He said that the shaking and mouth breathing could be like a nervous or brain seisure because respiratory diseases do not make any shivering ?

the vet also said that the uveitis is nearly finished but he didn't think he can recover the sight...

So I was a bit sad and wondering about what his life would be. No eyes, no wings...

The lab I send the droppings to are asking me 68euros for the full spectrum tests for salmonella and clamydia e-coli. It's a big amount for me as Kiwi already costs me loads 😆 Do you think it is necessary to do it now that his life doesn't seem in danger anymore ? Do you think that putting him under antibiotics will help him recover wings or condition ??


Today I put him a video of pigeons cooing on youtube on my phone as I often do to help him focus on something and I couldn't believe what I saw : usually he just spins his head to listen to the sounds but here Kiwi was pecking at the red youtube logo again and again !

I placed the logo on different places on my phone and he always aimed at it. Later I tried with a pen with a red cap and he did the same, as if he was going to get food from it, pecking on it anywhere arround him, he always found it.









So yay I finally think he may have a good life after all !
Thank you so much for your precious advices and caring, you all really helped me a lot ❤

Kiwi and Sarah.


----------



## Marina B (May 5, 2011)

Great to hear he is doing well and you are taking such good care of him. I won't give more antibiotics, only supportive care.


----------



## Colombina (Jan 22, 2017)

Thanks for the update! I'm very glad to hear that Kiwi is recovering his sight and that the vet did no find canker, coccidia or other diseases as you feared!

Agree with Marina. Giving antibiotics without knowing if they are really needed could be more harmful than useful (risk of antibiotic resistance, negative effects on gut flora, etc). If you still suspect salmonella and you want to rule it out for sure (or start the antibiotic treatment if it really is salmonella) you should do the test.

Lovely pics!


----------



## Selphiechen (Aug 6, 2021)

Hi ! Okay thank you. 
Yes of course I won't give antibiotics without the test and "antibiogramme" ( sorry I don't know how it's called in english ).
My concern was : can it wait until he's more grown up (and until my purse gets full 😳 )since his health seems stabilised ? I know antibiotics will harm his body but will his illness stop him from developping and get less stiff wings? 

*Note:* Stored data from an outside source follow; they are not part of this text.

-- ===== src/Analyzer/ServiceName.antt =====
-- The name of the service in pkg/parser/api/parser/analyzer.go, and the types of its routes.
use mathlib.Core.Path.{subst}
use goctl.Analyzer.Service.{
  Route, Group, annotation_of, fill_route, agree_name, fill_routes, fill_service,
}
use goctl.Analyzer.Spec.{SpecType}
use goctl.Api.Errors.{Run, returns, fails, refused, many_service_names}
use goctl.Api.Laws.{>>=-eq-returns, returns_cancel}
use goctl.Ast.{TokenNode, Node, BodyExpr, ServiceItemStmt, ServiceStmt}
use goctl.Base.{
  ◌≡◌, refl, sym, ap, ◌∙◌, ◌⊎◌, inl, inr, Bool-cases, List, [], ◌∷◌, none, some, Text, text_eq,
  text_eq_iff, All, arith,
}

-- A name that is not empty is kept.
abbrev pub Follows : Text → Text → Type 0
Follows a b = (a ≡ []) ⊎ (b ≡ a)

Follows-trans : (a b c : Text) → Follows a b → Follows b c → Follows a c
Follows-trans a b c (inl e) y = inl e
Follows-trans a b c (inr e) (inl f) = inl (sym e ∙ f)
Follows-trans a b c (inr e) (inr f) = inr (f ∙ e)

module _ (body_text : BodyExpr → Text) (name_text : TokenNode → Text) (ts : List SpecType) where
  -- The name of a service is there, and is empty or the last name.
  abbrev pub HasName : Node → Text → Type 0
  HasName n last = (t : TokenNode) × (n ≡ some t) × Follows (name_text t) last

  agree_name-Follows :
      (n : Node) (name name' : Text)
      → agree_name body_text name_text ts n name ≡ returns name'
      → Follows name name' × (t : TokenNode) × (n ≡ some t) × (name' ≡ name_text t)
  unfolding agree_name
  agree_name-Follows none name name' h = ground arith
  agree_name-Follows (some t) name name' h = elim (Bool-cases (text_eq name [])) [
    | inl e ↦
        let k : returns (name_text t) ≡ returns name' = rw e at h in
        let q = returns_cancel (name_text t) name' k in
        (inl ((text_eq_iff name []).0 e), t, refl, sym q)
    | inr e ↦ elim (Bool-cases (text_eq name (name_text t))) [
      | inl g ↦
          let k : returns (name_text t) ≡ returns name' = rw (e, g) at h in
          let q = returns_cancel (name_text t) name' k in
          (inr (sym q ∙ sym ((text_eq_iff name (name_text t)).0 g)), t, refl, sym q)
      | inr g ↦
          let k : ◌≡◌ {A = Run Text} (fails (refused (many_service_names (name_text t) name) ∷ []))
              (returns name') =
            rw (e, g) at h in
          ground arith
    ]
  ]

  fill_routes-HasName :
      (n : Node) (items : List ServiceItemStmt) (name : Text) (res : List Route × Text)
      → fill_routes body_text name_text ts n items name ≡ returns res
      → Follows name res.1 × ((items ≡ []) ⊎ HasName n res.1)
  unfolding fill_routes
  fill_routes-HasName n [] name res h =
      let q = returns_cancel ([], name) res h in
      (inr (ap (λ (r : List Route × Text). r.1) (sym q)), inl refl)
  fill_routes-HasName n (item ∷ items) name res h =
      let (route, e1, h1) = >>=-eq-returns (fill_route body_text name_text ts item) _ h in
      let (name', e2, h2) = >>=-eq-returns (agree_name body_text name_text ts n name) _ h1 in
      let (rest, e3, h3) = >>=-eq-returns (fill_routes body_text name_text ts n items name') _ h2 in
      let q = returns_cancel (route ∷ rest.0, rest.1) res h3 in
      let last : rest.1 ≡ res.1 = ap (λ (r : List Route × Text). r.1) q in
      let (first, t, there, same) = agree_name-Follows n name name' e2 in
      let (later, used) = fill_routes-HasName n items name' rest e3 in
      let f : Follows name' res.1 = rw last at later in
      (Follows-trans name name' res.1 first f, inr (t, there, rw same at f))

  fill_service-HasName :
      (ss : List ServiceStmt) (name : Text) (res : List Group × Text)
      → fill_service body_text name_text ts ss name ≡ returns res
      → Follows name res.1 × All (λ s. (s.routes ≡ []) ⊎ HasName s.name res.1) ss
  unfolding fill_service
  fill_service-HasName [] name res h =
      let q = returns_cancel ([], name) res h in
      (inr (ap (λ (r : List Group × Text). r.1) (sym q)), tt)
  fill_service-HasName (s ∷ ss) name res h =
      let (m, e1, h1) = >>=-eq-returns (annotation_of s.at_server) _ h in
      let (mid, e2, h2) =
        >>=-eq-returns (fill_routes body_text name_text ts s.name s.routes name) _ h1 in
      let (rest, e3, h3) = >>=-eq-returns (fill_service body_text name_text ts ss mid.1) _ h2 in
      let q = returns_cancel (record { annotation = m; routes = mid.0 } ∷ rest.0, rest.1) res h3 in
      let last : rest.1 ≡ res.1 = ap (λ (r : List Group × Text). r.1) q in
      let (first, used) = fill_routes-HasName s.name s.routes name mid e2 in
      let (later, others) = fill_service-HasName ss mid.1 rest e3 in
      let f : Follows mid.1 res.1 = rw last at later in
      (
        Follows-trans name mid.1 res.1 first f,
        (
          elim used [
            | inl e ↦ inl e
            | inr (t, there, g) ↦ inr (t, there, Follows-trans (name_text t) mid.1 res.1 g f)
          ],
          subst (λ l. All (λ s. (s.routes ≡ []) ⊎ HasName s.name l) ss) last others,
        ),
      )

  -- Where `fillService`, begun with no service name, returns, every service with a route prints its
  -- name as the last name, or as the empty text.
  pub fill_service_names :
      (ss : List ServiceStmt) (res : List Group × Text)
      → fill_service body_text name_text ts ss [] ≡ returns res
      → All (λ s. (s.routes ≡ []) ⊎ HasName s.name res.1) ss
  fill_service_names ss res h = (fill_service-HasName ss [] res h).1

He is now picking seeds in the dish on his own and spits them, so there a big improvement ! He can peck on something red anywhere in his area but not a seed/formula ball or defrosted pea. 
Maybe not enough colour contrast, or it's too small for him to aim.

I should have called him Toro, bull in spannish because he is crazy on red 🤩😅🐃








Is it important for him to go outside ? I don't have any garden and can't go on balcony so I would have to find a hidden spot and go by car.
I have a aviator harness but can't put him because of his wings so I am a bit lost on how to sit on the grass without anything to keep him from running
Thanks for your answers 💚


----------



## Colombina (Jan 22, 2017)

In my opinion the point is: do you and your vet think that salmonella could be a possibility? If the answer is yes you should do the test because it is the only way to rule it out for sure or to start immediately an antibiotic treatment. You are the only one who can reply to the question. Of course, that's only my own opinion.

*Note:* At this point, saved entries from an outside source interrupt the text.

-- ===== src/Api.antt =====
-- The checks on a parsed file and its imports, pkg/parser/api/parser/api.go with filter.go and
-- error.go.
pub mod Errors
pub mod Filter
pub mod Unique
pub mod Filtered
pub mod Convert
pub mod Checks
pub mod ServiceChecks
pub mod Laws
pub mod Resolve
pub mod Duplicates
pub mod Gather
pub mod Answers
pub mod Services
pub mod Import
pub mod Post
pub mod Paths
pub mod Merge
pub mod Walk
pub mod SelfCheck
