-- ===== src/Api/Answers.antt =====
-- The calls of `checkServiceStmt` of pkg/parser/api/parser/api.go return a value or panic.
use goctl.Api.ServiceChecks.{server_value, get_at_server_value}
use goctl.Api.Errors.{Run, returns, panics, ◌>>=◌, deref}
use goctl.Api.Filter.{FilterBuilder, check, check_node_with_prefix}
use goctl.Ast.{Node, KvExpr, AtServerStmt}
use goctl.Base.{
  ◌≡◌, refl, ◌⊎◌, inl, inr, Bool-cases, List, [], ◌∷◌, Option, none, some, Text, text_eq,
}

-- A call returns a value or panics.
abbrev pub Answers {ℓ} : {A : Type ℓ} → Run A → Type ℓ
Answers {A} m = ((a : A) × (m ≡ returns a)) ⊎ (m ≡ panics)

module _ {ℓ κ} {A : Type ℓ} {B : Type κ} (m : Run A) (f : A → Run B) (w : Answers m) where
  pub bind-panics : ((a : A) → f a ≡ panics) → (m >>= f) ≡ panics
  bind-panics h = elim w [ inl (a, e) ↦ rw e (h a) | inr e ↦ rw e refl ]

  pub bind-Answers : ((a : A) → Answers (f a)) → Answers (m >>= f)
  bind-Answers h = elim w [ inl (a, e) ↦ rw e (h a) | inr e ↦ rw e (inr refl) ]

pub deref-Answers {ℓ} : {A : Type ℓ} (o : Option A) → Answers (deref o)
deref-Answers none = inr refl
deref-Answers (some a) = inl (a, refl)

pub check_node_with_prefix-Answers :
    (prefix : Text) (ns : List Node) (b : FilterBuilder)
    → Answers (check_node_with_prefix prefix ns b)
unfolding check_node_with_prefix
check_node_with_prefix-Answers prefix [] b = inl (b, refl)
check_node_with_prefix-Answers prefix (none ∷ ns) b = inr refl
check_node_with_prefix-Answers prefix (some t ∷ ns) b = check_node_with_prefix-Answers prefix ns _

pub check-Answers : (ns : List Node) (b : FilterBuilder) → Answers (check ns b)
unfolding check
check-Answers ns b = check_node_with_prefix-Answers b.filename ns b

server_value-Answers : (kvs : List KvExpr) (key : Text) → Answers (server_value kvs key)
unfolding server_value
server_value-Answers [] key = inl ([], refl)
server_value-Answers (kv ∷ kvs) key = bind-Answers (deref kv.key) _ (deref-Answers kv.key) λ k.
    elim (Bool-cases (text_eq k.token.text key)) [
      | inl e ↦
          rw e
            (bind-Answers (deref kv.value) _ (deref-Answers kv.value) λ v. inl (v.token.text, refl))
      | inr e ↦ rw e (server_value-Answers kvs key)
    ]

pub get_at_server_value-Answers :
    (o : Option AtServerStmt) (key : Text) → Answers (get_at_server_value o key)
unfolding get_at_server_value
get_at_server_value-Answers none key = inl ([], refl)
get_at_server_value-Answers (some s) key = server_value-Answers s.values key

I'm very glad to hear that his eyes are improving a lot and that he has started to peck at seeds!
I remember that my beloved dove Merlino was able to eat formula balls directly from my hands or from a coffee saucer. My broken wing pigeon Apple tried to do the same but basically without success...

I would not bring him outside because, as you fear, it could be dangerous. Agree, the harness could be bad for his wings. A pet carrier could be too stressful for him.


----------



## Selphiechen (Aug 6, 2021)

Hi, thanks for you answer !
I really hope he will be able to pick the seeds like your Merlino does !
Today I could see the eye better because the blue cataract is totally gone and I'm not liking what I see.. it looks like an cornea ulceration ?








I guess it's another trip to the vet... I hope Kiwi will be alright, it looks painful. 😞
For the salmonella, the vet says that I should wait and see. I'm sure he thinks I'm crazy ! Doing all that for a pigeon ! All the family and pets have adopted Kiwi now hehe !
I don't know what it could be besides paratyphoid ? His wings are still stiff. He keeps them very close to his body.
So I'm gonna wait until next week to pay them for the full test, as I see improvements every day and I don't want to over medicate during his growing up.
As Marina adviced I'll stick to the garlic, cinnamon Acv and oregano for now. Especially if I have to treat the eyes again 🤔

Anyway, I feel less guilty that he doesn't see the sun now that he has this bad eye 😉 you're right that it would be stressful in a carrier. So I won't take him outside.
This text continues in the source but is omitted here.